REPUBLIKA.CO.ID,JAKARTA--Mantan ketua Komisi VII DPR Sutan Bhatoegana menyatakan dirinya belum berencana untuk mengajukan praperadilan atas penetapan dirinya sebagai tersangka kasus dugaan tindak pidana korupsi terkait pembahasan Anggaran Pendapatan dan Belanja Negara Perubahan (APBN-P) tahun 2013 Kementerian Energi dan Sumber Daya Mineral.
"Belum kepikir, belum kepikir," kata Sutan seusai diperiksa sebagai tersangka dalam kasus tersebut di gedung KPK, Senin.Sutan sudah ditahan sejak 2 Februari 2015 di Rumah Tahanan Salemba.
Sebelumnya ada dua tersangka di KPK yang mengajukan praperadilan yaitu pertama calon tunggal Kapolri Komisaris Jenderal Polisi Budi Gunawan dalam kasus dugaan tindak pidana korupsi terkait transaksi-transaksi mencurigakan.
Hakim tunggal Sarpin Rizaldi di Pengadilan Negeri Jakarta Selatan pada 16 Februari 2015 menyatakan bahwa surat perintah penyidikan nomor 03/01/01/2015 tanggal 12 Januari 2015 yang menetapkan Budi Gunawan sebagai tersangka adalah tidak sah.

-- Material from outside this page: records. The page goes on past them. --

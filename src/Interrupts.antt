-- ===== src/Interrupts.antt =====
-- src/interrupts.rs: the handlers that the assembly stubs call, on the parts of the kernel that they
-- touch. A write to a port and the local APIC's end of interrupt are listed in their order; the text
-- of an exception's message is its vector. The keyboard's port gives the scancode `port60`.
pub mod Eoi
use delta_os.Base.{
  ℕ, ◌+◌, ◌-◌, Bool, true, false, not, ◌&&◌, Option, none, some, List, [], ◌∷◌, ◌++◌, if◌then◌else◌,
  ltb, leb, ◌==◌,
}
use delta_os.Keyboard.{Keyboard, handle_keyboard_scancode}
use delta_os.Scheduler.State.{Scheduler}
use delta_os.Scheduler.Run.{tick, preempt_schedule}
use delta_os.Syscall.{rust_syscall_handler}
use delta_os.Timer.{Timer, on_timer_tick}

pub data Write : Type 0 where
  lapic_eoi : Write
  outb : ℕ → ℕ → Write

pub record InterruptContext : Type 0 where
  pub r15 : ℕ
  pub r14 : ℕ
  pub r13 : ℕ
  pub r12 : ℕ
  pub r11 : ℕ
  pub r10 : ℕ
  pub r9 : ℕ
  pub r8 : ℕ
  pub rbp : ℕ
  pub rdi : ℕ
  pub rsi : ℕ
  pub rdx : ℕ
  pub rcx : ℕ
  pub rbx : ℕ
  pub rax : ℕ
  pub vector : ℕ
  pub error_code : ℕ
  pub rip : ℕ
  pub cs : ℕ
  pub rflags : ℕ
  pub rsp : ℕ
  pub ss : ℕ

-- What the handlers work on: `faults` are the vectors of the messages printed, `screen` the bytes
-- that system calls have printed.
pub record System : Type 0 where
  pub timer : Timer
  pub scheduler : Option Scheduler
  pub keyboard : Keyboard
  pub using_apic : Bool
  pub memory : ℕ → ℕ
  pub screen : List ℕ
  pub faults : List ℕ
  pub writes : List Write

unfoldable pub eoi_writes : Bool → ℕ → List Write
eoi_writes using_apic irq =
    if using_apic
    then lapic_eoi ∷ []
    else if leb 8 irq
    then outb 0xA0 0x20 ∷ outb 0x20 0x20 ∷ []
    else outb 0x20 0x20 ∷ []

unfoldable pub send_eoi : System → ℕ → System
unfolding eoi_writes
send_eoi s irq = record s { writes = s.writes ++ eoi_writes s.using_apic irq }

unfoldable pub tick_scheduler : Option Scheduler → Option Scheduler
tick_scheduler none = none
tick_scheduler (some s) = some (tick s)

-- Vector 32; none where the timer's division panics.
unfoldable pub on_timer : System → Option Timer → Option System
unfolding send_eoi tick_scheduler
on_timer s none = none
on_timer s (some t) =
    some (send_eoi (record s { timer = t; scheduler = tick_scheduler s.scheduler }) 0)

-- Vector 128: the result is left in `rax`. None where the call does not return.
unfoldable pub on_syscall :
    System → InterruptContext → Option (ℕ × List ℕ) → Option (InterruptContext × System)
on_syscall s ctx none = none
on_syscall s ctx (some (result, screen)) =
    some (record ctx { rax = result }, record s { screen = screen })

abbrev pub back_with : InterruptContext → Option System → Option (InterruptContext × System)
back_with ctx none = none
back_with ctx (some s) = some (ctx, s)

abbrev fault : System → ℕ → System
fault s vector = record s { faults = s.faults ++ vector ∷ [] }

-- The `match` on the vector. A double fault halts.
unfoldable pub dispatch_vector : System → InterruptContext → ℕ → Option (InterruptContext × System)
unfolding on_timer on_syscall send_eoi
dispatch_vector s ctx port60 =
    if ctx.vector == 8
    then none
    else if ctx.vector == 32
    then back_with ctx (on_timer s (on_timer_tick s.timer))
    else if ctx.vector == 33
    then some (ctx, send_eoi (record s { keyboard = handle_keyboard_scancode s.keyboard port60 }) 1)
    else if ctx.vector == 128
    then on_syscall s ctx (rust_syscall_handler s.memory s.screen ctx.rax ctx.rdi ctx.rsi ctx.rdx)
    else if ltb ctx.vector 32
    then some (ctx, fault s ctx.vector)
    else some (ctx, s)

-- The end of the handler: the end of interrupt for the lines that the `match` has not ended.
unfoldable pub end_of_irq :
    ℕ → Option (InterruptContext × System) → Option (InterruptContext × System)
unfolding send_eoi
end_of_irq vector none = none
end_of_irq vector (some (ctx, s)) =
    if leb 34 vector && ltb vector 48 then some (ctx, send_eoi s (vector - 32)) else some (ctx, s)

unfoldable pub rust_isr_handler : System → InterruptContext → ℕ → Option (InterruptContext × System)
unfolding dispatch_vector end_of_irq
rust_isr_handler s ctx port60 = end_of_irq ctx.vector (dispatch_vector s ctx port60)

-- The stack pointer to go on with, and the scheduler after it.
unfoldable pub preempt : Option Scheduler → ℕ → ℕ × Option Scheduler
preempt none saved_state_ptr = (saved_state_ptr, none)
preempt (some s) saved_state_ptr =
    if s.preempt_enabled
    then (let (rsp, s') = preempt_schedule s saved_state_ptr in (rsp, some s'))
    else (saved_state_ptr, some s)

unfoldable pub timer_ticked : System → ℕ → Option Timer → Option (ℕ × System)
unfolding send_eoi preempt
timer_ticked s saved_state_ptr none = none
timer_ticked s saved_state_ptr (some t) =
    let (rsp, sched) = preempt s.scheduler saved_state_ptr in
    some (rsp, send_eoi (record s { timer = t; scheduler = sched }) 0)

unfoldable pub rust_timer_handler : System → ℕ → Option (ℕ × System)
unfolding timer_ticked
rust_timer_handler s saved_state_ptr = timer_ticked s saved_state_ptr (on_timer_tick s.timer)
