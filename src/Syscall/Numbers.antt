-- ===== src/Syscall/Numbers.antt =====
-- src/syscall.rs: numbers and their calls.
use native.Mathlib.Decide.{ℕ_discrete}
use delta_os.Base.{
  ℕ, ◌≡◌, ◌≢◌, refl, ap, sym, ◌∙◌, if◌then◌else◌, if_elim, ==_iff, ◌⊎◌, inl, inr, ◌==◌,
}
use delta_os.Syscall.{
  SyscallNumber, read, write, open_file, close, seek, stat, mkdir, unlink, getdents, mount, umount,
  clone, exit, waitpid, getpid, yield_cpu, mmap, munmap, print, readline, sysinfo, number, from,
}

back : (s : SyscallNumber) → from (number s) ≡ s
unfolding from number
back read = refl
back write = refl
back open_file = refl
back close = refl
back seek = refl
back stat = refl
back mkdir = refl
back unlink = refl
back getdents = refl
back mount = refl
back umount = refl
back clone = refl
back exit = refl
back waitpid = refl
back getpid = refl
back yield_cpu = refl
back mmap = refl
back munmap = refl
back print = refl
back readline = refl
back sysinfo = refl

Forth : ℕ → SyscallNumber → Type 0
Forth v n = (number n ≡ v) ⊎ (n ≡ read)

-- A chain of tests ends at the call with the number, or at `read`.
test :
    (v k : ℕ) (n m : SyscallNumber) → number n ≡ k → Forth v m → Forth v (if v == k then n else m)
unfolding Forth
test v k n m e f = if_elim (Forth v) (v == k) (λ h. inl (e ∙ sym ((==_iff _ _).0 h))) (λ h. f)

forth : (v : ℕ) → Forth v (from v)
unfolding from number Forth
forth v = test v 0 read _ refl (
    test v 1 write _ refl (
      test v 2 open_file _ refl (
        test v 3 close _ refl (
          test v 4 seek _ refl (
            test v 5 stat _ refl (
              test v 6 mkdir _ refl (
                test v 7 unlink _ refl (
                  test v 8 getdents _ refl (
                    test v 10 mount _ refl (
                      test v 11 umount _ refl (
                        test v 20 clone _ refl (
                          test v 21 exit _ refl (
                            test v 22 waitpid _ refl (
                              test v 23 getpid _ refl (
                                test v 24 yield_cpu _ refl (
                                  test v 30 mmap _ refl (
                                    test v 31 munmap _ refl (
                                      test v 100 print _ refl (
                                        test v 101 readline _ refl
                                          (test v 200 sysinfo _ refl (inr refl)))))))))))))))))))))

-- `from` takes the number of a call back to the call, and any number of no call to `read`.
pub from-number :
    ((s : SyscallNumber) → from (number s) ≡ s)
    × ((v : ℕ) → (number (from v) ≡ v) ⊎ ((from v ≡ read) × ((s : SyscallNumber) → number s ≢ v)))
unfolding Forth
from-number = (
  back,
  λ v. elim (forth v) [
    | inl e ↦ inl e
    | inr e ↦ elim (ℕ_discrete (number (from v)) v) [
      | yes q ↦ inl q
      | no ne ↦ inr (e, λ s q. ne (ap (λ k. number (from k)) (sym q) ∙ ap number (back s) ∙ q))
    ]
  ],
)
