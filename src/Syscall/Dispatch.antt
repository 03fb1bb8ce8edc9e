-- ===== src/Syscall/Dispatch.antt =====
-- src/syscall.rs: what each call returns and prints.
use delta_os.Base.{
  ℕ, zero, suc, ◌+◌, ◌-◌, ◌%◌, ◌≡◌, ◌≢◌, refl, ap, sym, ◌⊎◌, inl, inr, Option, none, some, List, [],
  ◌∷◌, All, subst, ◌++◌, arith, length, Bool-cases, ◌||◌, ◌==◌,
}
use mathlib.Core.List.{append-nil}
use delta_os.Base.Word.{u64_mod}
use delta_os.Syscall.Numbers.{from-number}
use delta_os.Syscall.{
  number, SyscallNumber, read, write, open_file, close, seek, stat, mkdir, unlink, getdents, mount,
  umount, clone, exit, waitpid, getpid, yield_cpu, mmap, munmap, print, readline, sysinfo, from,
  bytes, serve, finish, result_word, rust_syscall_handler,
}

pub length-bytes : (mem : ℕ → ℕ) (addr count : ℕ) → length (bytes mem addr count) ≡ count
unfolding bytes
length-bytes mem addr zero = refl
length-bytes mem addr (suc count) = ap suc (length-bytes mem (addr + 1) count)

-- The word of -EIO.
abbrev pub io_error_word : ℕ
io_error_word = u64_mod - 5

-- A word is returned, and bytes are printed behind what the screen shows.
abbrev pub Prints : Option (ℕ × List ℕ) → List ℕ → ℕ → List ℕ → Type 0
Prints r screen word out = r ≡ some (word, screen ++ out)

-- The numbers that are answered otherwise than with -EIO.
abbrev pub answered : List ℕ
answered = 1 ∷ 3 ∷ 21 ∷ 23 ∷ 24 ∷ 31 ∷ 100 ∷ []

-- The number is none of these, or that of `write` with a descriptor other than 1 and 2.
abbrev pub IsRefused : ℕ → ℕ → Type 0
IsRefused fd nr = ((nr ≡ 1) × (fd ≢ 1) × (fd ≢ 2)) ⊎ All (λ k. nr ≢ k) answered

module _ (mem : ℕ → ℕ) (screen : List ℕ) (arg1 arg2 arg3 : ℕ) where
  -- What the handler does for a number.
  abbrev pub Answers : ℕ → Option (ℕ × List ℕ) → Type 0
  Answers nr r =
      ((nr ≡ 21) × (r ≡ none))
      ⊎ ((nr ≡ 1)
          × ((arg1 ≡ 1) ⊎ (arg1 ≡ 2))
          × Prints r screen (arg3 % u64_mod) (bytes mem arg2 arg3))
      ⊎ ((nr ≡ 100) × Prints r screen (arg2 % u64_mod) (bytes mem arg1 arg2))
      ⊎ ((nr ≡ 23) × Prints r screen 1 [])
      ⊎ (((nr ≡ 24) ⊎ (nr ≡ 3) ⊎ (nr ≡ 31)) × Prints r screen 0 [])
      ⊎ (IsRefused arg1 nr × Prints r screen io_error_word [])

  silent : {w : ℕ} → Prints (some (w, screen)) screen w []
  silent {w} = ap (λ (xs : List ℕ). some (w, xs)) (sym (append-nil screen))

  refused : (nr : ℕ) → All (λ k. nr ≢ k) answered → Answers nr (some (io_error_word, screen))
  unfolding silent
  refused nr a = inr (inr (inr (inr (inr (inr a, silent)))))

  write_lem : Answers 1 (finish (serve mem screen write arg1 arg2 arg3))
  unfolding finish serve result_word silent
  write_lem = elim (Bool-cases ((arg1 == 1) || (arg1 == 2))) [
    | inl e ↦ inr (inl (refl, ground (arith, e), rw e refl))
    | inr e ↦
        inr (inr (inr (inr (inr (inl (refl, ground (arith, e), ground (arith, e)), rw e silent)))))
  ]

  serve_lem : (n : SyscallNumber) → Answers (number n) (finish (serve mem screen n arg1 arg2 arg3))
  unfolding finish serve result_word number
  serve_lem write = write_lem
  serve_lem read = refused 0 (
    omega arith,
    (omega arith, (omega arith, (omega arith, (omega arith, (omega arith, (omega arith, tt)))))),
  )
  serve_lem open_file = refused 2 (
    omega arith,
    (omega arith, (omega arith, (omega arith, (omega arith, (omega arith, (omega arith, tt)))))),
  )
  serve_lem seek = refused 4 (
    omega arith,
    (omega arith, (omega arith, (omega arith, (omega arith, (omega arith, (omega arith, tt)))))),
  )
  serve_lem stat = refused 5 (
    omega arith,
    (omega arith, (omega arith, (omega arith, (omega arith, (omega arith, (omega arith, tt)))))),
  )
  serve_lem mkdir = refused 6 (
    omega arith,
    (omega arith, (omega arith, (omega arith, (omega arith, (omega arith, (omega arith, tt)))))),
  )
  serve_lem unlink = refused 7 (
    omega arith,
    (omega arith, (omega arith, (omega arith, (omega arith, (omega arith, (omega arith, tt)))))),
  )
  serve_lem getdents = refused 8 (
    omega arith,
    (omega arith, (omega arith, (omega arith, (omega arith, (omega arith, (omega arith, tt)))))),
  )
  serve_lem mount = refused 10 (
    omega arith,
    (omega arith, (omega arith, (omega arith, (omega arith, (omega arith, (omega arith, tt)))))),
  )
  serve_lem umount = refused 11 (
    omega arith,
    (omega arith, (omega arith, (omega arith, (omega arith, (omega arith, (omega arith, tt)))))),
  )
  serve_lem clone = refused 20 (
    omega arith,
    (omega arith, (omega arith, (omega arith, (omega arith, (omega arith, (omega arith, tt)))))),
  )
  serve_lem waitpid = refused 22 (
    omega arith,
    (omega arith, (omega arith, (omega arith, (omega arith, (omega arith, (omega arith, tt)))))),
  )
  serve_lem mmap = refused 30 (
    omega arith,
    (omega arith, (omega arith, (omega arith, (omega arith, (omega arith, (omega arith, tt)))))),
  )
  serve_lem readline = refused 101 (
    omega arith,
    (omega arith, (omega arith, (omega arith, (omega arith, (omega arith, (omega arith, tt)))))),
  )
  serve_lem sysinfo = refused 200 (
    omega arith,
    (omega arith, (omega arith, (omega arith, (omega arith, (omega arith, (omega arith, tt)))))),
  )
  serve_lem close = inr (inr (inr (inr (inl (inr (inl refl), silent)))))
  serve_lem exit = inl (refl, refl)
  serve_lem getpid = inr (inr (inr (inl (refl, silent))))
  serve_lem yield_cpu = inr (inr (inr (inr (inl (inl refl, silent)))))
  serve_lem munmap = inr (inr (inr (inr (inl (inr (inr refl), silent)))))
  serve_lem print = inr (inr (inl (refl, refl)))

  unknown : (nr : ℕ) → ((s : SyscallNumber) → number s ≢ nr) → All (λ k. nr ≢ k) answered
  unfolding number
  unknown nr h = (
    λ e. h write (sym e),
    (
      λ e. h close (sym e),
      (
        λ e. h exit (sym e),
        (
          λ e. h getpid (sym e),
          (λ e. h yield_cpu (sym e), (λ e. h munmap (sym e), (λ e. h print (sym e), tt))),
        ),
      ),
    ),
  )

  -- By the number in `rax`: the handler of system calls never returns for 21, `exit`. For 1, `write`, to
  -- descriptor 1 or 2, and for 100, `print`, it prints the bytes of the buffer and returns their count;
  -- for 23, `getpid`, it returns 1, and for 24, 3 and 31, `yield`, `close` and `munmap`, 0. For
  -- `write` to another descriptor and for every other number, of a call or not, it returns the word
  -- of -EIO. Only the first two print.
  pub rust_syscall_handler_lem :
      (nr : ℕ) → Answers nr (rust_syscall_handler mem screen nr arg1 arg2 arg3)
  unfolding rust_syscall_handler result_word
  rust_syscall_handler_lem nr = elim (from-number.1 nr) [
    | inl e ↦
        subst (λ v. Answers v (finish (serve mem screen (from nr) arg1 arg2 arg3))) e
          (serve_lem (from nr))
    | inr (e, h) ↦ rw e (refused nr (unknown nr h))
  ]

  -- Every call but `exit` returns.
  pub rust_syscall_handler-some :
      (nr : ℕ)
      → nr ≢ 21
      → (word : ℕ) × (shown : List ℕ) × (rust_syscall_handler mem screen nr arg1 arg2 arg3
          ≡ some (word, shown))
  rust_syscall_handler-some nr ne = elim (rust_syscall_handler_lem nr) [
    | inl (e, _) ↦ absurd (ne e)
    | inr (inl (_, _, p)) ↦ (_, _, p)
    | inr (inr (inl (_, p))) ↦ (_, _, p)
    | inr (inr (inr (inl (_, p)))) ↦ (_, _, p)
    | inr (inr (inr (inr (inl (_, p))))) ↦ (_, _, p)
    | inr (inr (inr (inr (inr (_, p))))) ↦ (_, _, p)
  ]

Selanjutnya mantan Menteri Agama Suryadharma Ali yang menjadi tersangka dalam kasus dugaan tindak pidana korupsi penyelenggaraan haji di Kementerian Agama 2012-2013 juga mengajukan praperadilan ke PN Jaksel pada hari ini. Alasan pengajuan praperadilan karena tidak jelasnya bukti permulaan yang cukup.
"Tapi sebagai warga negara yang baik, kan kita harus ngikutin prosedur. Saya katakan, saya merasa tidak bersalah, tapi kawan-kawan (KPK) bilang ada salahnya, silakan. Biar saja nanti tinggal pengadilan yang mengatakan salah tidaknya seseorang," tambah Sutan.
Sutan hingga saat ini meyakini ia tidak bersalah.
"Saya ini kan menyelamatkan APBN, ada listrik dan migas, saya ketok. Kalau tidak, maka tidak ada kan? Kemudian APBN itu sekitar Rp18, triliun, ada penghematan menjadi Rp17 triliun, jadi penghematan Rp1, triliun. Seharusnya ini dikasih 'reward', tapi malah jadi tersangka. Makanya ini saya katakan penegakan hukum maju pesat, tapi rasa keadilan masih tersendat," ungkap Sutan.
Sutan ditetapkan sebagai tersangka pada 14 Mei 2014 dan diduga melanggar melanggar pasal 12 huruf a atau b atau pasal 11 dan pasal 12 B Undang-Undang No 31 tahun 1999 sebagaimana diubah dengan UU No 20 tahun 2001 tentang Pemberantasan Tindak Pidana Korupsi jo pasal 55 ayat 1 ke-1 KUHP.